__Required work__
Please repeat, unchanged, the lines at the top of the listing below, ending with the one that has "-- x comes after".

__Records provided__
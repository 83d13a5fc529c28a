-- ===== src/Database/Order.antt =====
-- ORDER BY: rows in the order of a Boolean comparison, rows that compare equal in table order.
use mathlib.Core.List.{Perm}
use mathlib.Core.List.Perm
use jeffrey_s_agenda_tool.Prelude.{
  Bool, true, false, List, [], ◌∷◌, if◌then◌else◌, ◌≡◌, inl, inr, All, All-mono, Bool-cases,
}

module _ {A : Type 0} (before : A → A → Bool) where
  -- x comes after every row that does not have to follow it
  unfoldable pub insert_row : A → List A → List A
  insert_row x [] = x ∷ []
  insert_row x (y ∷ ys) = if before y x then y ∷ insert_row x ys else x ∷ y ∷ ys

  unfoldable pub order_by : List A → List A
  unfolding insert_row
  order_by [] = []
  order_by (x ∷ xs) = insert_row x (order_by xs)

  -- No row has to come before the one that precedes it.
  abbrev pub IsOrdered : List A → Type 0
  IsOrdered [] = Unit
  IsOrdered (x ∷ xs) = All (λ y. before y x ≡ false) xs × IsOrdered xs

module _ {A : Type 0} (before : A → A → Bool) where
  insert_row-Perm : (x : A) (ys : List A) → Perm (insert_row before x ys) (x ∷ ys)
  unfolding insert_row
  insert_row-Perm x [] = Perm.refl (x ∷ [])
  insert_row-Perm x (y ∷ ys) = elim (Bool-cases (before y x)) [
    | inl e ↦ rw e (Perm.trans (Perm.cons y (insert_row-Perm x ys)) (Perm.swap x y ys))
    | inr e ↦ rw e (Perm.refl (x ∷ y ∷ ys))
  ]

  -- Ordering loses no row and adds none.
  pub order_by-Perm : (xs : List A) → Perm (order_by before xs) xs
  unfolding order_by
  order_by-Perm [] = Perm.refl []
  order_by-Perm (x ∷ xs) =
      Perm.trans (insert_row-Perm x (order_by before xs)) (Perm.cons x (order_by-Perm xs))

  All-insert_row :
      (P : A → Type 0) (x : A) (ys : List A) → P x → All P ys → All P (insert_row before x ys)
  unfolding insert_row
  All-insert_row P x [] p h = (p, tt)
  All-insert_row P x (y ∷ ys) p h = elim (Bool-cases (before y x)) [
    | inl e ↦ rw e (h.0, All-insert_row P x ys p h.1)
    | inr e ↦ rw e (p, h)
  ]

  pub All-order_by : (P : A → Type 0) (xs : List A) → All P xs → All P (order_by before xs)
  unfolding order_by
  All-order_by P [] h = tt
  All-order_by P (x ∷ xs) h = All-insert_row P x (order_by before xs) h.0 (All-order_by P xs h.1)

-- `before` is a strict weak order: it is asymmetric, and what does not come before is transitive.
module _ {A : Type 0} (before : A → A → Bool)
    (asym : (x y : A) → before x y ≡ true → before y x ≡ false)
    (trans : (x y z : A) → before y x ≡ false → before z y ≡ false → before z x ≡ false) where
  insert_row-IsOrdered :
      (x : A) (ys : List A) → IsOrdered before ys → IsOrdered before (insert_row before x ys)
  unfolding insert_row
  insert_row-IsOrdered x [] h = (tt, tt)
  insert_row-IsOrdered x (y ∷ ys) h = elim (Bool-cases (before y x)) [
    | inl e ↦ rw e (All-insert_row before _ x ys (asym y x e) h.0, insert_row-IsOrdered x ys h.1)
    | inr e ↦ rw e ((e, All-mono (λ z q. trans x y z e q) ys h.0), h)
  ]

  pub order_by-IsOrdered : (xs : List A) → IsOrdered before (order_by before xs)
  unfolding order_by
  order_by-IsOrdered [] = tt
  order_by-IsOrdered (x ∷ xs) = insert_row-IsOrdered x (order_by before xs) (order_by-IsOrdered xs)
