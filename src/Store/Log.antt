-- ===== src/Store/Log.antt =====
-- internal/store/log/log.go
pub mod Recent
use jeffrey_s_agenda_tool.Prelude.{
  ℕ, suc, Text, text, text_eq, Bool, true, false, ◌&&◌, ◌==◌, ltb_ℤ, Option, none, some, List, [],
  ◌∷◌, ◌++◌, any, find, keep, take, if◌then◌else◌,
}
use jeffrey_s_agenda_tool.Json.{Json, Fields}
use jeffrey_s_agenda_tool.Domain.{Uuid, Time, AutomationLogStatus, AutomationLog, is_success}
use jeffrey_s_agenda_tool.Database.{
  Err, no_rows, ok, err, foreign_key_violation, Db, Statement, account_has, rule_has,
}
use jeffrey_s_agenda_tool.Database.Order.{order_by}
use jeffrey_s_agenda_tool.Action.{Env, Action, pure, fail, attempt, query}
use jeffrey_s_agenda_tool.Store.Sql.{select_row, select_rows}

pub record CreateLogParams : Type 0 where
  pub connected_account_id : Uuid
  pub rule_id : Option Uuid
  pub status : AutomationLogStatus
  pub trigger_details : Option Json
  pub action_details : Option Json
  pub error_message : Text

abbrev pub new_log : Time → ℕ → CreateLogParams → AutomationLog
new_log now id arg = record {
  id = id;
  connected_account_id = arg.connected_account_id;
  rule_id = arg.rule_id;
  timestamp = now;
  status = arg.status;
  trigger_details = arg.trigger_details;
  action_details = arg.action_details;
  error_message = arg.error_message;
}

-- REFERENCES automation_rules(id), of a column that may be NULL.
abbrev pub refers_to_rule : Option Uuid → Db → Bool
refers_to_rule none db = true
refers_to_rule (some k) db = any (rule_has k) db.automation_rules

abbrev pub add_log : AutomationLog → Db → Db
add_log l db = record db {
  automation_logs = db.automation_logs ++ l ∷ [];
  next_log_id = suc db.next_log_id;
}

unfoldable pub insert_log : CreateLogParams → Statement (Unit {0})
insert_log arg now id db =
    if any (account_has arg.connected_account_id) db.connected_accounts
      && refers_to_rule arg.rule_id db
    then ok (tt, add_log (new_log now db.next_log_id arg) db)
    else err foreign_key_violation

abbrev pub later_log : AutomationLog → AutomationLog → Bool
later_log l m = ltb_ℤ m.timestamp l.timestamp

module _ (env : Env) where
  -- j ->> key
  unfoldable pub text_of : Json → Option Text
  text_of (Json.str s) = some s
  text_of Json.null = none
  text_of other = some (env.json_text other)

  unfoldable pub field_text : Text → Fields → Option Text
  field_text key Fields.end = none
  field_text key (Fields.field name j rest) =
      if text_eq name key then text_of j else field_text key rest

  unfoldable pub json_field : Text → Json → Option Text
  unfolding field_text text_of
  json_field key (Json.obj fs) = field_text key fs
  json_field key other = none

  abbrev pub is_text : Text → Option Text → Bool
  is_text t none = false
  is_text t (some s) = text_eq s t

  abbrev pub details_name : Text → Option Json → Bool
  details_name event none = false
  details_name event (some j) = is_text event (json_field (text "google_event_id") j)

  abbrev pub is_rule : Uuid → Option Uuid → Bool
  is_rule k none = false
  is_rule k (some r) = r == k

  -- WHERE rule_id = $1 AND status = 'success' AND trigger_details->>'google_event_id' = $2
  unfoldable pub is_log_for_trigger : Uuid → Text → AutomationLog → Bool
  unfolding json_field
  is_log_for_trigger rule event l =
      is_rule rule l.rule_id && is_success l.status && details_name event l.trigger_details

  unfoldable pub create_automation_log : CreateLogParams → Action (Unit {0})
  create_automation_log arg = query env (insert_log arg)

  -- `if errors.Is(err, pgx.ErrNoRows) { return false, nil }`
  unfoldable pub found_nothing : Err → Action Bool
  found_nothing no_rows = pure false
  found_nothing other = fail other

  unfoldable pub has_log_for_trigger : Uuid → Text → Action Bool
  has_log_for_trigger rule event =
      attempt
        (query env (select_row (λ db. find (is_log_for_trigger rule event) db.automation_logs)))
        found_nothing (λ _. pure true)

  unfoldable pub get_logs_for_account : Uuid → ℕ → Action (List AutomationLog)
  get_logs_for_account account limit = query env (
      select_rows λ db.
        take limit
          (order_by later_log (keep (λ l. l.connected_account_id == account) db.automation_logs)))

__Written answer__
repository 83d13a5fc529c28a
-- ===== src/Database/Order.antt =====
-- ORDER BY: rows in the order of a Boolean comparison, rows that compare equal in table order.
use mathlib.Core.List.{Perm}
use mathlib.Core.List.Perm
use jeffrey_s_agenda_tool.Prelude.{
  Bool, true, false, List, [], ◌∷◌, if◌then◌else◌, ◌≡◌, inl, inr, All, All-mono, Bool-cases,
}

module _ {A : Type 0} (before : A → A → Bool) where
  -- x comes after every row that does not have to follow it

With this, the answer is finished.